**Work to be completed**
Only the lines from the top of the data through the line with "index TargetPhase.verify = 4" should be repeated, each exactly as written.

(Collected data entries)

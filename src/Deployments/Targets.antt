-- ===== src/Deployments/Targets.antt =====
-- deployments/domain/target.py, and DeploymentTargetStore of deployments/adapters/persistence.py:
-- how far each edge has got, written under the generation of the rollout. Of a deployment's row
-- only the identifier and the generation are kept here.
pub mod Takeover
use Prim.Native.Nat.{Ordering}
use Prim.Native.String.{compare}
use blitze_cdn_cp.Prelude.{
  ℕ, suc, ◌+◌, String, List, [], ◌∷◌, ◌++◌, Bool, true, false, not, ◌&&◌, ◌||◌, Option, none, some,
  leb, ltb, ◌==◌, nat_eq, string_eq, if◌then◌else◌,
}
use blitze_cdn_cp.Sql.{select_where, update_where, rows_affected, matches, first_where, order_by}

pub data TargetPhase : Type 0 where
  prepare validate stage activate verify : TargetPhase

pub data TargetStatus : Type 0 where
  pending running succeeded failed skipped : TargetStatus

abbrev pub phase_order : List TargetPhase
phase_order =
    TargetPhase.prepare ∷ TargetPhase.validate ∷ TargetPhase.stage ∷ TargetPhase.activate
    ∷ TargetPhase.verify ∷ []

-- PHASE_ORDER.index(phase)
unfoldable pub index : TargetPhase → ℕ
index TargetPhase.prepare = 0
index TargetPhase.validate = 1
index TargetPhase.stage = 2
index TargetPhase.activate = 3
index TargetPhase.verify = 4

-- What the serving probe says of one hostname.
pub record SiteResult : Type 0 where
  pub hostname : String
  pub served : Bool
  pub detail : String

-- The texts of errors and of `last_error`, by the f-string that they are written with: a text from
-- outside, `type: text`, an edge without address, an edge that does not serve, `at edge: …`, a
-- phase that failed, a failed recovery, a failed and a done withdrawal, a takeover, and an edge
-- that was not attempted.
pub data Detail : Type 0 where
  said : String → Detail
  raised : String → Detail → Detail
  no_address : String → Detail
  not_serving : String → List SiteResult → Detail
  at_edge : String → Detail → Detail
  phase_failed : TargetPhase → Detail → Detail
  recovery_failed : Detail → Detail
  rollback_failed : Detail → Detail → Detail
  restored : Detail → Detail
  taken_over : Detail
  not_attempted : String → Detail → Detail

pub record DeploymentTarget : Type 0 where
  pub deployment_id : String
  pub edge : String
  pub status : TargetStatus
  pub phase : Option TargetPhase
  pub attempts : ℕ
  pub fence : ℕ
  pub started_at : Option ℕ
  pub finished_at : Option ℕ
  pub last_error : Option Detail

unfoldable pub phase_behind : TargetPhase → Option TargetPhase
phase_behind TargetPhase.prepare = some TargetPhase.validate
phase_behind TargetPhase.validate = some TargetPhase.stage
phase_behind TargetPhase.stage = some TargetPhase.activate
phase_behind TargetPhase.activate = some TargetPhase.verify
phase_behind TargetPhase.verify = none

next_after : Option TargetPhase → Option TargetPhase
unfolding phase_behind
next_after none = some TargetPhase.prepare
next_after (some p) = phase_behind p

unfoldable pub next_phase : DeploymentTarget → Option TargetPhase
unfolding next_after
next_phase t = next_after t.phase

pub record DeploymentRow : Type 0 where
  pub id : String
  pub generation : ℕ

pub record Fleet : Type 0 where
  pub deployments : List DeploymentRow
  pub targets : List DeploymentTarget

unfoldable pub has_id : String → DeploymentRow → Bool
has_id id row = row.id == id

unfoldable pub of_deployment : String → DeploymentTarget → Bool
of_deployment id t = t.deployment_id == id

unfoldable pub stamp : String → ℕ → List DeploymentTarget → List DeploymentTarget
unfolding of_deployment
stamp id fence = update_where (of_deployment id) (λ t. record t { fence = fence })

claimed_as : String → Option DeploymentRow → Fleet → Option ℕ × Fleet
unfolding stamp
claimed_as id none db = (none, db)
claimed_as id (some row) db =
    (some row.generation, record db { targets = stamp id row.generation db.targets })

-- UPDATE … RETURNING, and the new stamp of every target. `none` is the NotFoundError.
unfoldable pub claim_generation : String → Fleet → Option ℕ × Fleet
unfolding claimed_as has_id
claim_generation id db =
    let rows =
      update_where (has_id id) (λ row. record row { generation = row.generation + 1 })
        db.deployments in
    claimed_as id (first_where (has_id id) rows) (record db { deployments = rows })

-- NotFoundError, ConflictError, and the IntegrityError of two rows under one primary key.
pub data PlanError : Type 0 where
  not_found stale repeated : PlanError

unfoldable pub has_edge : String → List DeploymentTarget → Bool
has_edge edge rows = matches (λ t. t.edge == edge) rows

abbrev pub new_target : String → ℕ → String → DeploymentTarget
new_target id fence edge = record {
  deployment_id = id;
  edge = edge;
  status = TargetStatus.pending;
  phase = none;
  attempts = 0;
  fence = fence;
  started_at = none;
  finished_at = none;
  last_error = none;
}

unfoldable pub add_missing :
    String → ℕ → List DeploymentTarget → List String → List DeploymentTarget → List DeploymentTarget
unfolding has_edge
add_missing id fence existing [] rows = rows
add_missing id fence existing (edge ∷ edges) rows =
    add_missing id fence existing edges
      (if has_edge edge existing then rows else rows ++ new_target id fence edge ∷ [])

-- An edge without a target is given twice: both rows would have the primary key of the table.
unfoldable pub is_repeated : List DeploymentTarget → List String → Bool
unfolding has_edge
is_repeated existing [] = false
is_repeated existing (edge ∷ edges) =
    (not (has_edge edge existing) && matches (λ other. other == edge) edges)
    || is_repeated existing edges

plan_for : String → List String → ℕ → Option DeploymentRow → Fleet → Option PlanError × Fleet
unfolding is_repeated add_missing stamp
plan_for id edges fence none db = (some not_found, db)
plan_for id edges fence (some row) db =
    let existing = select_where (of_deployment id) db.targets in
    if not (row.generation == fence)
    then (some stale, db)
    else (if is_repeated existing edges then (some repeated, db) else (
      none,
      record db { targets = stamp id fence (add_missing id fence existing edges db.targets) },
    ))

unfoldable pub plan : String → List String → ℕ → Fleet → Option PlanError × Fleet
unfolding plan_for has_id
plan id edges fence db = plan_for id edges fence (first_where (has_id id) db.deployments) db

-- ORDER BY edge
unfoldable pub by_edge : DeploymentTarget → DeploymentTarget → Bool
by_edge a b = elim (compare a.edge b.edge) [ Ordering.gt ↦ false | _ ↦ true ]

unfoldable pub targets : String → Fleet → List DeploymentTarget
unfolding by_edge of_deployment
targets id db = order_by by_edge (select_where (of_deployment id) db.targets)

-- WHERE deployment_id = :id AND edge = :edge AND fence = :fence
unfoldable pub owned : String → String → ℕ → DeploymentTarget → Bool
owned id edge fence t = t.deployment_id == id && (t.edge == edge && t.fence == fence)

-- _advance
unfoldable pub advance :
    String → String → ℕ → (DeploymentTarget → DeploymentTarget) → Fleet → Bool × Fleet
unfolding owned
advance id edge fence values db = (
  matches (owned id edge fence) db.targets,
  record db { targets = update_where (owned id edge fence) values db.targets },
)

unfoldable pub begin : String → String → ℕ → ℕ → Fleet → Bool × Fleet
unfolding advance
begin id edge fence now = advance id edge fence λ t. record t {
  status = TargetStatus.running;
  started_at = some now;
  attempts = t.attempts + 1;
}

unfoldable pub record_phase : String → String → TargetPhase → ℕ → Fleet → Bool × Fleet
unfolding advance
record_phase id edge phase fence = advance id edge fence λ t. record t { phase = some phase }

unfoldable pub finish :
    String → String → ℕ → TargetStatus → ℕ → Option Detail → Fleet → Bool × Fleet
unfolding advance
finish id edge fence status now error =
    advance id edge fence
      λ t. record t { status = status; finished_at = some now; last_error = error }

unfoldable pub is_pending : TargetStatus → Bool
is_pending TargetStatus.pending = true
is_pending _ = false

unfoldable pub unreached : String → ℕ → DeploymentTarget → Bool
unfolding is_pending
unreached id fence t = t.deployment_id == id && (is_pending t.status && t.fence == fence)

unfoldable pub skip_remaining : String → ℕ → ℕ → Detail → Fleet → ℕ × Fleet
unfolding unreached
skip_remaining id fence now reason db = (
  rows_affected (unreached id fence) db.targets,
  record db {
    targets =
        update_where (unreached id fence)
          (λ t. record t {
            status = TargetStatus.skipped;
            finished_at = some now;
            last_error = some reason;
          })
          db.targets;
  },
)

**Written solution**
filename src/Deployments/Targets.antt
-- ===== src/Deployments/Targets.antt =====
-- deployments/domain/target.py, and DeploymentTargetStore of deployments/adapters/persistence.py:
-- how far each edge has got, written under the generation of the rollout. Of a deployment's row
-- only the identifier and the generation are kept here.
pub mod Takeover
use Prim.Native.Nat.{Ordering}
use Prim.Native.String.{compare}
use blitze_cdn_cp.Prelude.{
  ℕ, suc, ◌+◌, String, List, [], ◌∷◌, ◌++◌, Bool, true, false, not, ◌&&◌, ◌||◌, Option, none, some,
  leb, ltb, ◌==◌, nat_eq, string_eq, if◌then◌else◌,
}
use blitze_cdn_cp.Sql.{select_where, update_where, rows_affected, matches, first_where, order_by}

pub data TargetPhase : Type 0 where
  prepare validate stage activate verify : TargetPhase

pub data TargetStatus : Type 0 where
  pending running succeeded failed skipped : TargetStatus

abbrev pub phase_order : List TargetPhase
phase_order =
    TargetPhase.prepare ∷ TargetPhase.validate ∷ TargetPhase.stage ∷ TargetPhase.activate
    ∷ TargetPhase.verify ∷ []

-- PHASE_ORDER.index(phase)
unfoldable pub index : TargetPhase → ℕ
index TargetPhase.prepare = 0
index TargetPhase.validate = 1
index TargetPhase.stage = 2
index TargetPhase.activate = 3
index TargetPhase.verify = 4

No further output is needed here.